#### Extracted data

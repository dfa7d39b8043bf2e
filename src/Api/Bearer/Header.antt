-- ===== src/Api/Bearer/Header.antt =====
-- A token that is sent in a header is the token that is read: src/api/routers/approvals.py.
use text.Mathlib.TextLemmas
use agentic_engineering_url.Prelude.{String, ◌≡◌, refl, ap, true, false, some, concat}
use agentic_engineering_url.Api.Bearer.{
  lowers_to, after_prefix, is_space, strip_left, strip_right, extract_bearer,
}

-- No character is one that `strip` takes away: so with the tokens of `secrets.token_urlsafe`.
abbrev pub HasNoSpace : String → Type 0
HasNoSpace String.[] = Unit
HasNoSpace (String.◌∷◌ c s) = (is_space c ≡ false) × HasNoSpace s

strip_left-same : (s : String) → HasNoSpace s → strip_left s ≡ s
unfolding strip_left
strip_left-same String.[] h = refl
strip_left-same (String.◌∷◌ c s) h = rw h.0 refl

strip_right-same : (s : String) → HasNoSpace s → strip_right s ≡ s
unfolding strip_right
strip_right-same String.[] h = refl
strip_right-same (String.◌∷◌ c s) h = rw (h.0, strip_right-same s h.1) refl

-- The second text spells the first one, in whatever case.
abbrev Spells : String → String → Type 0
Spells String.[] String.[] = Unit
Spells (String.◌∷◌ p ps) (String.◌∷◌ c cs) = (lowers_to p c ≡ true) × Spells ps cs
Spells _ _ = ⊥

after_prefix-concat :
    (prefix head rest : String)
    → Spells prefix head
    → after_prefix prefix (concat head rest) ≡ some rest
unfolding after_prefix
after_prefix-concat String.[] String.[] rest h = ap some (TextLemmas.nil-append rest)
after_prefix-concat String.[] (String.◌∷◌ c cs) rest h = absurd h
after_prefix-concat (String.◌∷◌ p ps) String.[] rest h = absurd h
after_prefix-concat (String.◌∷◌ p ps) (String.◌∷◌ c cs) rest h =
    rw (TextLemmas.cons-append c cs rest, h.0) (after_prefix-concat ps cs rest h.1)

pub bearer_roundtrip :
    (token : String)
    → HasNoSpace token
    → extract_bearer (some (concat "Bearer " token)) ≡ some token
unfolding extract_bearer
bearer_roundtrip token h =
    rw
      (
        after_prefix-concat "bearer " "Bearer " token
            (refl, (refl, (refl, (refl, (refl, (refl, (refl, tt))))))),
        extract_bearer,
        strip_left-same token h,
        strip_right-same token h,
      )
      refl
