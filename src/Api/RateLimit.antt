-- ===== src/Api/RateLimit.antt =====
-- src/api/middleware/rate_limit.py: 60 requests a minute for each client.
-- `time.monotonic()` is a number of microseconds. The module's `_BUCKETS`, a `defaultdict(deque)`,
-- is a function from clients to the times of their counted requests, oldest first.
pub mod Bucket
pub mod Window
use agentic_engineering_url.Prelude.{
  ℕ, ◌+◌, ◌-◌, String, Bool, Option, none, some, List, [], ◌∷◌, ◌++◌, ◌==◌, ltb, leb, if◌then◌else◌,
  length,
}

abbrev pub limit_per_minute : ℕ
limit_per_minute = 60

abbrev pub window : ℕ
window = 60_000_000

abbrev pub is_exempt : String → Bool
is_exempt path = path == "/health"

abbrev pub Buckets : Type 0
Buckets = String → List ℕ

abbrev pub reset_all : Buckets
reset_all client = []

pub record Request : Type 0 where
  pub path : String
  pub client : Option String
  pub time : ℕ

pub data Verdict : Type 0 where
  exempt admitted limited : Verdict

abbrev pub client_ip : Request → String
client_ip r = elim r.client [ none ↦ "unknown" | some host ↦ host ]

-- while bucket and now - bucket[0] > WINDOW_SECONDS: bucket.popleft()
unfoldable pub prune : ℕ → List ℕ → List ℕ
prune now [] = []
prune now (t ∷ ts) = let rest = prune now ts in if ltb window (now - t) then rest else t ∷ ts

abbrev pub set_bucket : Buckets → String → List ℕ → Buckets
set_bucket buckets client ts c = if client == c then ts else buckets c

unfoldable pub dispatch : Request → Buckets → Buckets × Verdict
dispatch r buckets =
    if is_exempt r.path
    then (buckets, exempt)
    else let bucket = prune r.time (buckets (client_ip r)) in
      if leb limit_per_minute (length bucket)
      then (set_bucket buckets (client_ip r) bucket, limited)
      else (set_bucket buckets (client_ip r) (bucket ++ r.time ∷ []), admitted)

-- A request that was counted against its client.
pub record Admission : Type 0 where
  pub client : String
  pub time : ℕ

abbrev pub entry : Request → Verdict → List Admission
entry r admitted = record { client = client_ip r; time = r.time } ∷ []
entry r _ = []

-- The requests that a run counts, in order.
unfoldable pub admissions : List Request → Buckets → List Admission
admissions [] buckets = []
admissions (r ∷ rs) buckets =
    let (buckets', verdict) = dispatch r buckets in entry r verdict ++ admissions rs buckets'

-- The buckets after a run.
unfoldable pub serve : List Request → Buckets → Buckets
serve [] buckets = buckets
serve (r ∷ rs) buckets = serve rs (dispatch r buckets).0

########

# [Task instructions]
Set down exactly the line that holds "serve [] buckets = buckets" and all lines after it to the end of the data.

# [The answer]
serve [] buckets = buckets
serve (r ∷ rs) buckets = serve rs (dispatch r buckets).0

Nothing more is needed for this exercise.